From d97cc0abbd5fa7ff96875ffdae5a90b8231a6f0d Mon Sep 17 00:00:00 2001
From: German <German.Andryeyev@amd.com>
Date: Thu, 17 Aug 2023 16:17:23 -0400
Subject: [PATCH] SWDEV-404889 - Inital change for debugger support

- Program unique AQL index for debugger.

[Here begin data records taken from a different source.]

-- ===== src/Session/Trait.antt =====
-- The trait `Session` of crates/session/src/session.rs: the methods that it gives, on those that a
-- store fills in. A method returns its result with the session as it leaves it, error or not.
use dce_rust.Base.{
  ℕ, ◌≡◌, refl, sym, ap, subst, ◌∙◌, arith, Option-cases, inl, inr, Bool, true, false, Option, none,
  some, List, [], ◌∷◌, is_empty, list_eq, nat_eq,
}
use dce_rust.Text.{Str}
use dce_rust.Maps.{map_insert, map_remove}
use dce_rust.Error.{Outcome, ok, err, panics, out_of_fuel}
use dce_rust.Session.Meta.{Meta}
use dce_rust.Session.Meta

abbrev pub Ran : Type 0 → Type 0 → Type 0
Ran A S = Outcome A × S

-- `?` after a call.
infixl 5 ◌>>!◌
abbrev pub ◌>>!◌ : {A B S : Type 0} → Ran A S → (A → S → Ran B S) → Ran B S
(ok a, s) >>! k = k a s
(err e, s) >>! k = (err e, s)
(panics, s) >>! k = (panics, s)
(out_of_fuel, s) >>! k = (out_of_fuel, s)

-- A chain that succeeds has a first step that did.
pub >>!-ok :
    {A B S : Type 0} (m : Ran A S) (k : A → S → Ran B S) (b : B) (t : S)
    → (m >>! k) ≡ (ok b, t)
    → (a : A) × (s : S) × (m ≡ (ok a, s)) × (k a s ≡ (ok b, t))
>>!-ok (ok a, s) k b t e = (a, s, refl, e)
>>!-ok (err x, s) k b t e = absurd (ground arith)
>>!-ok (panics, s) k b t e = absurd (ground arith)
>>!-ok (out_of_fuel, s) k b t e = absurd (ground arith)

-- What two results that are the same have the same.
abbrev value_or : {A : Type 0} → A → Outcome A → A
value_or a (ok b) = b
value_or a _ = a

pub ran-inj :
    {A S : Type 0} (a b : A) (s t : S) → ◌≡◌ {A = Ran A S} (ok a, s) (ok b, t) → (a ≡ b) × (s ≡ t)
ran-inj {A} {S} a b s t e = (ap (λ (r : Ran A S). value_or a r.0) e, ap (λ (r : Ran A S). r.1) e)

-- What a store fills in; `meta` and `meta_mut` are a reading and a writing of one place.
pub record Session (S : Type 0) : Type 0 where
  pub meta : S → Meta
  pub set_meta : Meta → S → S
  pub meta-set_meta : (m : Meta) (s : S) → meta (set_meta m s) ≡ m
  pub gen_key : Str → Str → Str
  pub silent_set : Str → Str → S → Ran Bool S
  pub silent_get : Str → S → Ran Str S
  pub silent_del : Str → S → Ran Bool S
  pub touch : S → Ran Bool S
  pub load : List (Str × Str) → S → Ran Bool S
  pub raw : S → Ran (List (Str × Str)) S

-- The filters of `renew` applied to the data: a value replaces, none removes.
unfoldable pub apply_filters : List (Str × Option Str) → List (Str × Str) → List (Str × Str)
unfolding map_insert map_remove
apply_filters [] raw = raw
apply_filters ((k, some v) ∷ filters) raw = apply_filters filters (map_insert k v raw)
apply_filters ((k, none) ∷ filters) raw = apply_filters filters (map_remove k raw)

module _ {S : Type 0} (store : Session S) where
  unfoldable pub id : S → Str
  id s = (store.meta s).sid

  unfoldable pub key : S → Str
  unfolding id
  key s = store.gen_key (store.meta s).sid_name (id s)

  -- `matches!(self.meta().touches, Some(true))`.
  unfoldable pub is_touched : S → Bool
  is_touched s = elim (store.meta s).touches [ none ↦ false | some touched ↦ touched ]

  unfoldable pub try_touch : S → Ran Bool S
  unfolding is_touched
  try_touch s = elim (store.meta s).touches [
    | some touched ↦ (ok (is_touched s), s)
    | none ↦ store.touch s >>! (λ touches t.
        let noted = store.set_meta (record (store.meta t) { touches = some touches }) t in
        (ok (is_touched noted), noted))
  ]

  -- A change that was made is followed by a touch.
  unfoldable pub touch_after : Ran Bool S → Ran Bool S
  unfolding try_touch
  touch_after (ok true, s) = try_touch s
  touch_after result = result

  -- `set`, on the value as serde_json writes it.
  unfoldable pub set : Str → Outcome Str → S → Ran Bool S
  unfolding touch_after
  set field value s = (value, s) >>! (λ v t. touch_after (store.silent_set field v t))

  unfoldable pub del : Str → S → Ran Bool S
  unfolding touch_after
  del field s = touch_after (store.silent_del field s)

  -- `get`; `from_str` is that of serde_json. A value that was read is followed by a touch.
  unfoldable pub get : {T : Type 0} → (Str → Outcome T) → Str → S → Ran T S
  unfolding try_touch
  get from_str field s =
      store.silent_get field s >>! (λ value t. try_touch t >>! (λ _ u. (from_str value, u)))

  module _ (now : Outcome (ℕ × ℕ)) (random : ℕ) (hash : Str → Str) where
    -- `meta_mut().renew(id)`.
    unfoldable pub renew_meta : Option Str → S → Ran (Unit {0}) S
    unfolding Meta.renew
    renew_meta sid s =
        let (result, meta) = Meta.renew now random hash sid (store.meta s) in
        (result, store.set_meta meta s)

    unfoldable pub renew : List (Str × Option Str) → S → Ran Bool S
    unfolding renew_meta apply_filters try_touch
    renew filters s = store.raw s >>! (λ raw t.
        let filtered = apply_filters filters raw in
        renew_meta none t >>! (λ _ renewed. elim (is_empty filtered) [
          | true ↦ (ok true, renewed)
          | false ↦ store.load filtered renewed >>! (λ _ loaded. try_touch loaded)
        ]))

    -- `clone_with_id`; the session itself stays as it is.
    unfoldable pub clone_with_id : (S → S) → Str → S → Outcome S
    unfolding renew_meta
    clone_with_id clone sid s =
        let (result, cloned) = renew_meta (some sid) (clone s) in
        elim result [
          | ok _ ↦ ok cloned
          | err e ↦ err e
          | panics ↦ panics
          | out_of_fuel ↦ out_of_fuel
        ]

  try_touch_known : (s : S) (v : Bool) → (store.meta s).touches ≡ some v → try_touch s ≡ (ok v, s)
  unfolding try_touch is_touched
  try_touch_known s v there = rw (there, try_touch) (rw (there, is_touched) refl)

  -- After a touch that succeeds a session is touched no more: a second one returns the same and
  -- leaves the session, and with it the store, as it is.
  pub try_touch-once :
      (s t : S) (touched : Bool) → try_touch s ≡ (ok touched, t) → try_touch t ≡ (ok touched, t)
  unfolding try_touch is_touched
  try_touch-once s t touched e = elim (Option-cases (store.meta s).touches) [
    | inr (v, there) ↦
        let same : s ≡ t = ap (λ (r : Ran Bool S). r.1) (sym (try_touch_known s v there) ∙ e) in
        subst (λ x. try_touch x ≡ (ok touched, t)) same e
    | inl never ↦ touches never (store.touch s) refl
  ]
    where
      touches :
          (store.meta s).touches ≡ none
          → (r : Ran Bool S) → store.touch s ≡ r
          → try_touch t ≡ (ok touched, t)
      touches never (ok v, u) ran =
          let noted = store.set_meta (record (store.meta u) { touches = some v }) u in
          let known : (store.meta noted).touches ≡ some v =
            ap (λ (m : Meta). m.touches) (store.meta-set_meta _ u) in
          let first : try_touch s ≡ (ok (is_touched noted), noted) =
            rw (never, try_touch) (rw (ran, ◌>>!◌) refl) in
          let value : is_touched noted ≡ v = rw (known, is_touched) refl in
          let same : (ok v, noted) ≡ (ok touched, t) =
            ap (λ b. (ok b, noted)) (sym value) ∙ sym first ∙ e in
          subst (λ (r : Ran Bool S). try_touch r.1 ≡ r) same (try_touch_known noted v known)
      touches never (err x, u) ran = absurd (ground arith)
      touches never (panics, u) ran = absurd (ground arith)
      touches never (out_of_fuel, u) ran = absurd (ground arith)
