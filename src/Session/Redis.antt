-- ===== src/Session/Redis.antt =====
-- crates/session/src/redis.rs: the sessions that are kept in redis, in the build without the feature
-- "connection". The commands of the redis crate are a parameter; their errors are the closed ones
-- that the source makes of them.
use dce_rust.Base.{
  ℕ, zero, suc, ◌-◌, ◌%◌, ◌^◌, refl, Bool, true, false, Option, none, some, List, ◌∷◌, ◌++◌, leb,
  if◌then◌else◌,
}
use dce_rust.Text.{Str, text}
use dce_rust.Error.{Outcome, ok, err, panics, out_of_fuel, closed0_wrap, ℤ, pos, negsuc, ◌>>=◌}
use dce_rust.Session.Meta.{Meta, ttl_seconds}
use dce_rust.Session.Meta
use dce_rust.Session.Trait.{Ran, ◌>>!◌, Session}

pub record Redis (R : Type 0) : Type 0 where
  pub hset : Str → Str → Str → R → Ran Bool R
  pub hget : Str → Str → R → Ran Str R
  pub hdel : Str → Str → R → Ran Bool R
  pub del : Str → R → Ran Bool R
  pub expire : Str → ℕ → R → Ran Bool R
  pub hset_multiple : Str → List (Str × Str) → R → Ran Bool R
  pub hgetall : Str → R → Ran (List (Str × Str)) R
  pub ttl : Str → R → Ran ℤ R
  pub sadd : Str → Str → R → Ran Bool R
  pub srem : Str → Str → R → Ran Bool R
  pub smembers : Str → R → Ran (List Str) R
  pub exists : Str → R → Ran Bool R

-- `UserMeta` of crates/session/src/user.rs.
pub record UserMeta (U : Type 0) : Type 0 where
  pub key_prefix : Str
  pub user_field : Str
  pub try_loaded : Bool
  pub user : Option U

-- A clone has no redis and no clone of its own.
pub record Snapshot (U : Type 0) : Type 0 where
  pub meta : Meta
  pub user_meta : UserMeta U

pub record RedisSession (R U : Type 0) : Type 0 where
  pub meta : Meta
  pub user_meta : UserMeta U
  pub redis : Option R
  pub cloned : Option (Snapshot U)

unfoldable pub gen_key : Str → Str → Str
gen_key sid_name id = sid_name ++ b':' ∷ id

module _ {U : Type 0} where
  unfoldable pub new_user_meta : UserMeta U
  new_user_meta = record {
    key_prefix = text "dceusmap";
    user_field = text "$user";
    try_loaded = false;
    user = none;
  }

  abbrev pub set_user : Option U → UserMeta U → UserMeta U
  set_user user user_meta = record user_meta { user = user }

  unfoldable pub config_user : Option Str → Option Str → UserMeta U → UserMeta U
  config_user key_prefix user_field user_meta = record user_meta {
    key_prefix = elim key_prefix [ none ↦ user_meta.key_prefix | some prefix ↦ prefix ];
    user_field = elim user_field [ none ↦ user_meta.user_field | some field ↦ field ];
  }

-- `ttl as u32`, and a subtraction of `u32` that is checked; only a time above 0 counts.
unfoldable pub passed : ℕ → ℤ → Outcome ℕ
passed seconds (negsuc n) = closed0_wrap (text "ttl was not initialized yet.")
passed seconds (pos zero) = closed0_wrap (text "ttl was not initialized yet.")
passed seconds (pos (suc n)) =
    let left = suc n % 2 ^ 32 in if leb left seconds then ok (seconds - left) else panics

module _ {R U : Type 0} where
  unfoldable pub with_meta : Meta → RedisSession R U
  unfolding new_user_meta
  with_meta meta = record { meta = meta; user_meta = new_user_meta; redis = none; cloned = none }

  unfoldable pub new : Outcome (ℕ × ℕ) → ℕ → (Str → Str) → ℕ → Outcome (RedisSession R U)
  unfolding with_meta Meta.new
  new now random hash ttl_minutes =
      Meta.new now random hash ttl_minutes >>= λ meta. ok (with_meta meta)

  -- `new_with_id`.
  unfoldable pub new_with_id : List Str → Outcome (RedisSession R U)
  unfolding with_meta Meta.new_with_sid
  new_with_id sid_pool = Meta.new_with_sid sid_pool >>= λ meta. ok (with_meta meta)

  -- `with` and `redis_then`.
  unfoldable pub set_redis : R → RedisSession R U → RedisSession R U
  set_redis redis s = record s { redis = some redis }

  -- `self.redis()?` and a command on it.
  unfoldable pub on_redis {ℓ} :
      {A : Type ℓ} → (R → Outcome A × R) → RedisSession R U → Outcome A × RedisSession R U
  on_redis command s = elim s.redis [
    | none ↦ (closed0_wrap (text "Not set the redis yet"), s)
    | some redis ↦ let (result, after) = command redis in (result, record s { redis = some after })
  ]

  unfoldable pub session_key : RedisSession R U → Str
  unfolding gen_key
  session_key s = gen_key s.meta.sid_name s.meta.sid

  module _ (commands : Redis R) where
    unfoldable pub silent_set : Str → Str → RedisSession R U → Ran Bool (RedisSession R U)
    unfolding on_redis session_key
    silent_set field value s =
        on_redis (commands.hset (session_key s) field value) s >>! (λ _ t. (ok true, t))

    unfoldable pub silent_get : Str → RedisSession R U → Ran Str (RedisSession R U)
    unfolding on_redis session_key
    silent_get field s = on_redis (commands.hget (session_key s) field) s

    unfoldable pub silent_del : Str → RedisSession R U → Ran Bool (RedisSession R U)
    unfolding on_redis session_key
    silent_del field s = on_redis (commands.hdel (session_key s) field) s

    unfoldable pub touch : RedisSession R U → Ran Bool (RedisSession R U)
    unfolding on_redis session_key ttl_seconds
    touch s = on_redis (commands.expire (session_key s) (ttl_seconds s.meta)) s

    unfoldable pub load : List (Str × Str) → RedisSession R U → Ran Bool (RedisSession R U)
    unfolding on_redis session_key
    load data_map s = on_redis (commands.hset_multiple (session_key s) data_map) s

    unfoldable pub raw : RedisSession R U → Ran (List (Str × Str)) (RedisSession R U)
    unfolding on_redis session_key
    raw s = on_redis (commands.hgetall (session_key s)) s

    -- An error of redis here is the same as a time that is not positive; no redis is one of its own.
    unfoldable pub ttl_of : Str → RedisSession R U → Ran ℕ (RedisSession R U)
    unfolding passed ttl_seconds
    ttl_of key s = elim s.redis [
      | none ↦ (closed0_wrap (text "Not set the redis yet"), s)
      | some redis ↦
          let (result, after) = commands.ttl key redis in
          (
            elim result [
              | ok ttl ↦ passed (ttl_seconds s.meta) ttl
              | err e ↦ closed0_wrap (text "ttl was not initialized yet.")
              | panics ↦ panics
              | out_of_fuel ↦ out_of_fuel
            ],
            record s { redis = some after },
          )
    ]

    unfoldable pub ttl_passed : RedisSession R U → Ran ℕ (RedisSession R U)
    unfolding ttl_of session_key
    ttl_passed s = ttl_of (session_key s) s

    -- The key of the session that was cloned, under the present name.
    unfoldable pub cloned_key : RedisSession R U → Outcome Str
    unfolding gen_key
    cloned_key s = elim s.cloned [
      | none ↦ closed0_wrap (text "None cloned cannot get id")
      | some snapshot ↦ ok (gen_key s.meta.sid_name snapshot.meta.sid)
    ]

    unfoldable pub cloned_silent_set : Str → Str → RedisSession R U → Ran Bool (RedisSession R U)
    unfolding on_redis cloned_key
    cloned_silent_set field value s =
        (cloned_key s, s)
        >>! (λ key t. on_redis (commands.hset key field value) t)
        >>! (λ _ t. (ok true, t))

    unfoldable pub cloned_touch : RedisSession R U → Ran Bool (RedisSession R U)
    unfolding on_redis cloned_key ttl_seconds
    cloned_touch s =
        (cloned_key s, s) >>! (λ key t. on_redis (commands.expire key (ttl_seconds s.meta)) t)

    unfoldable pub cloned_ttl_passed : RedisSession R U → Ran ℕ (RedisSession R U)
    unfolding ttl_of cloned_key
    cloned_ttl_passed s = (cloned_key s, s) >>! (λ key t. ttl_of key t)

    -- What the trait `Session` asks for.
    unfoldable pub redis_store : Session (RedisSession R U)
    unfolding gen_key silent_set silent_get silent_del touch load raw
    redis_store = record {
      meta = λ s. s.meta;
      set_meta = λ meta s. record s { meta = meta };
      meta-set_meta = λ meta s. refl;
      gen_key = gen_key;
      silent_set = silent_set;
      silent_get = silent_get;
      silent_del = silent_del;
      touch = touch;
      load = load;
      raw = raw;
    }
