-- ===== src/Session/User.antt =====
-- crates/session/src/user.rs, and the methods of the trait `User` in crates/session/src/redis.rs:
-- the user of a session, and the sessions of a user. The conversions of serde_json and the id of a
-- user are parameters.
use dce_rust.Base.{ℕ, Bool, true, false, Option, none, some, List, [], ◌∷◌, ◌++◌, list_ord, nat_ord}
use dce_rust.Text.{Str, text, show_nat}
use dce_rust.Maps.{set_insert, set_extend}
use dce_rust.Error.{Outcome, ok, err, panics, out_of_fuel, closed0_wrap, ◌>>=◌}
use dce_rust.Session.Meta.{Meta}
use dce_rust.Session.Meta
use dce_rust.Session.Trait.{Ran, ◌>>!◌}
use dce_rust.Session.Trait
use dce_rust.Session.Redis.{
  Redis, RedisSession, UserMeta, set_user, gen_key, on_redis, silent_get, silent_del, redis_store,
  cloned_key,
}

-- `MAPPING_TTL_SECONDS`.
abbrev pub mapping_ttl_seconds : ℕ
mapping_ttl_seconds = 604800

unfoldable pub gen_user_key : Str → ℕ → Str
unfolding show_nat
gen_user_key user_prefix id = user_prefix ++ b':' ∷ show_nat id

-- `let _ =`: an error is dropped.
unfoldable pub dropped : {A S : Type 0} → Ran A S → Ran (Unit {0}) S
dropped (ok a, s) = (ok tt, s)
dropped (err e, s) = (ok tt, s)
dropped (panics, s) = (panics, s)
dropped (out_of_fuel, s) = (out_of_fuel, s)

module _ {R U : Type 0} (commands : Redis R) (uid_of : U → ℕ) (from_json : Str → Outcome U)
    (to_json : U → Outcome Str) where
  abbrev pub S : Type 0
  S = RedisSession R U

  abbrev pub with_user : Option U → S → S
  with_user user s = record s { user_meta = set_user user s.user_meta }

  abbrev pub loaded : Bool → S → S
  loaded b s = record s { user_meta = record s.user_meta { try_loaded = b } }

  -- What has been read of the user: only a text that is one counts.
  unfoldable pub keep_user : Ran Str S → Ran (Unit {0}) S
  keep_user (ok json, s) = elim (from_json json) [
    | ok user ↦ (ok tt, with_user (some user) s)
    | err e ↦ (ok tt, s)
    | panics ↦ (panics, s)
    | out_of_fuel ↦ (out_of_fuel, s)
  ]
  keep_user (err e, s) = (ok tt, s)
  keep_user (panics, s) = (panics, s)
  keep_user (out_of_fuel, s) = (out_of_fuel, s)

  -- `user`: read from the store once.
  unfoldable pub user : S → Ran (Option U) S
  unfolding keep_user silent_get
  user s = elim s.user_meta.try_loaded [
    | true ↦ (ok s.user_meta.user, s)
    | false ↦
        keep_user (silent_get commands s.user_meta.user_field s)
        >>! (λ _ t. let noted = loaded true t in (ok noted.user_meta.user, noted))
  ]

  unfoldable pub uid : S → Ran ℕ S
  unfolding user
  uid s = user s >>! (λ found t. elim found [
    | none ↦ (closed0_wrap (text "Not a logged session cannot take uid"), t)
    | some u ↦ (ok (uid_of u), t)
  ])

  unfoldable pub user_key : S → Ran Str S
  unfolding uid gen_user_key
  user_key s = uid s >>! (λ id t. (ok (gen_user_key t.user_meta.key_prefix id), t))

  unfoldable pub mapping : S → Ran Bool S
  unfolding user_key on_redis
  mapping s = user_key s >>! (λ key t.
      on_redis (commands.sadd key t.meta.sid) t
      >>! (λ _ u. on_redis (commands.expire key mapping_ttl_seconds) u))

  unfoldable pub unmap_key : Str → Ran Str S → Ran Bool S
  unfolding on_redis
  unmap_key sid (ok key, s) = on_redis (commands.srem key sid) s
  unmap_key sid (err e, s) = (ok false, s)
  unmap_key sid (panics, s) = (panics, s)
  unmap_key sid (out_of_fuel, s) = (out_of_fuel, s)

  unfoldable pub unmapping : S → Ran Bool S
  unfolding unmap_key user_key
  unmapping s = unmap_key s.meta.sid (user_key s)

  -- `destroy` of the trait `Session`.
  unfoldable pub destroy : S → Ran Bool S
  unfolding unmapping on_redis gen_key
  destroy s =
      unmapping s >>! (λ _ t. on_redis (commands.del (gen_key t.meta.sid_name t.meta.sid)) t)

  -- The user that was cloned is not loaded here.
  unfoldable pub cloned_unmapping : S → Ran Bool S
  unfolding on_redis gen_user_key
  cloned_unmapping s = elim s.cloned [
    | none ↦ (ok false, s)
    | some c ↦ elim c.user_meta.user [
      | none ↦ (ok false, s)
      | some u ↦
          on_redis (commands.srem (gen_user_key c.user_meta.key_prefix (uid_of u)) c.meta.sid) s
    ]
  ]

  -- The old session may not have been stored, so that the result is true in any case.
  unfoldable pub cloned_destroy : S → Ran Bool S
  unfolding cloned_unmapping cloned_key on_redis
  cloned_destroy s =
      cloned_unmapping s
      >>! (λ _ t. (cloned_key commands t, t))
      >>! (λ key t. on_redis (commands.del key) t)
      >>! (λ _ t. (ok true, t))

  unfoldable pub all_sid : ℕ → S → Ran (List Str) S
  unfolding gen_user_key on_redis
  all_sid id s = on_redis (commands.smembers (gen_user_key s.user_meta.key_prefix id)) s

  -- The sids whose session is there still; the others are taken from the user, if that succeeds.
  unfoldable pub filter_from : Str → List Str → List Str → S → Ran (List Str) S
  unfolding gen_key on_redis set_insert dropped
  filter_from key filtered [] s = (ok filtered, s)
  filter_from key filtered (sid ∷ sids) s =
      on_redis (commands.exists (gen_key s.meta.sid_name sid)) s >>! (λ there t. elim there [
        | true ↦ filter_from key (set_insert sid filtered) sids t
        | false ↦
            dropped (on_redis (commands.srem key sid) t)
            >>! (λ _ u. filter_from key filtered sids u)
      ])

  unfoldable pub filter_sids : ℕ → List Str → S → Ran (List Str) S
  unfolding filter_from gen_user_key
  filter_sids id sids s = filter_from (gen_user_key s.user_meta.key_prefix id) [] sids s

  unfoldable pub sids : ℕ → S → Ran (List Str) S
  unfolding all_sid filter_sids set_extend
  sids id s = all_sid id s >>! (λ all t. filter_sids id (set_extend [] all) t)

  unfoldable pub sync_each : Str → Str → List Str → S → Ran Bool S
  unfolding gen_key on_redis
  sync_each field json [] s = (ok true, s)
  sync_each field json (sid ∷ more) s =
      on_redis (commands.hset (gen_key s.meta.sid_name sid) field json) s
      >>! (λ _ t. sync_each field json more t)

  unfoldable pub sync : U → S → Ran Bool S
  unfolding sids sync_each
  sync u s = (to_json u, s) >>! (λ json t.
      sids (uid_of u) t >>! (λ found v. sync_each t.user_meta.user_field json found v))

  unfoldable pub logout : S → Ran Bool S
  unfolding user unmapping silent_del
  logout s = user s >>! (λ found t. elim found [
    | none ↦ (ok false, t)
    | some _ ↦
        unmapping t >>! (λ _ u. silent_del commands u.user_meta.user_field (with_user none u))
  ])

  module _ (now : Outcome (ℕ × ℕ)) (random : ℕ) (hash : Str → Str) where
    -- `renew`: the user is read anew, and mapped to the new id as far as that succeeds.
    unfoldable pub renew : List (Str × Option Str) → S → Ran Bool S
    unfolding Trait.renew mapping dropped
    renew filters s =
        Trait.renew (redis_store commands) now random hash filters s
        >>! (λ result t. dropped (mapping (loaded false t)) >>! (λ _ u. (ok result, u)))

    -- The user as a filter; a failure to write it removes the field.
    unfoldable pub login_filters : UserMeta U → List (Str × Option Str)
    login_filters user_meta = elim user_meta.user [
      | none ↦ []
      | some u ↦ (user_meta.user_field, elim (to_json u) [ ok json ↦ some json | _ ↦ none ]) ∷ []
    ]

    unfoldable pub log_in : Option U → Option ℕ → S → Ran Bool S
    unfolding Meta.config renew cloned_destroy login_filters
    log_in given ttl_minutes s =
        let configured = record s {
          cloned = some (record { meta = s.meta; user_meta = s.user_meta });
          meta = Meta.config none ttl_minutes s.meta;
        } in
        let named = elim given as (λ _. S) [
          | none ↦ configured
          | some u ↦ with_user (some u) configured
        ] in
        renew (login_filters named.user_meta) named >>! (λ _ t. cloned_destroy t)

    unfoldable pub login : U → ℕ → S → Ran Bool S
    unfolding log_in
    login u ttl_minutes s = log_in (some u) (some ttl_minutes) s

    unfoldable pub auto_login : S → Ran Bool S
    unfolding log_in
    auto_login s = log_in none none s

    -- `clone_with_id`: the user of another id is not that of the session.
    unfoldable pub clone_with_id : Str → S → Outcome S
    unfolding Trait.clone_with_id
    clone_with_id sid s =
        Trait.clone_with_id (redis_store commands) now random hash
          (λ x. record x { redis = none; cloned = none }) sid s
        >>= λ cloned. ok (loaded false (with_user none cloned))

The logic manages AQL array of packets per HW queue.
- Provide debug state to PAL

Change-Id: I38fa1f5435fa711fd1d44dc391f2e61eb2a25efa
---
 rocclr/device/pal/paldevice.cpp  | 13 ++++++-
 rocclr/device/pal/paldevice.hpp  | 12 ++++---
 rocclr/device/pal/palkernel.cpp  | 13 +++----
 rocclr/device/pal/palkernel.hpp  |  3 +-
 rocclr/device/pal/palprogram.cpp | 15 ++++++--
 rocclr/device/pal/palvirtual.cpp | 45 ++++++++++++++++++++++--
 rocclr/device/pal/palvirtual.hpp | 59 +++++++++++++++++++++++++-------
 7 files changed, 126 insertions(+), 34 deletions(-)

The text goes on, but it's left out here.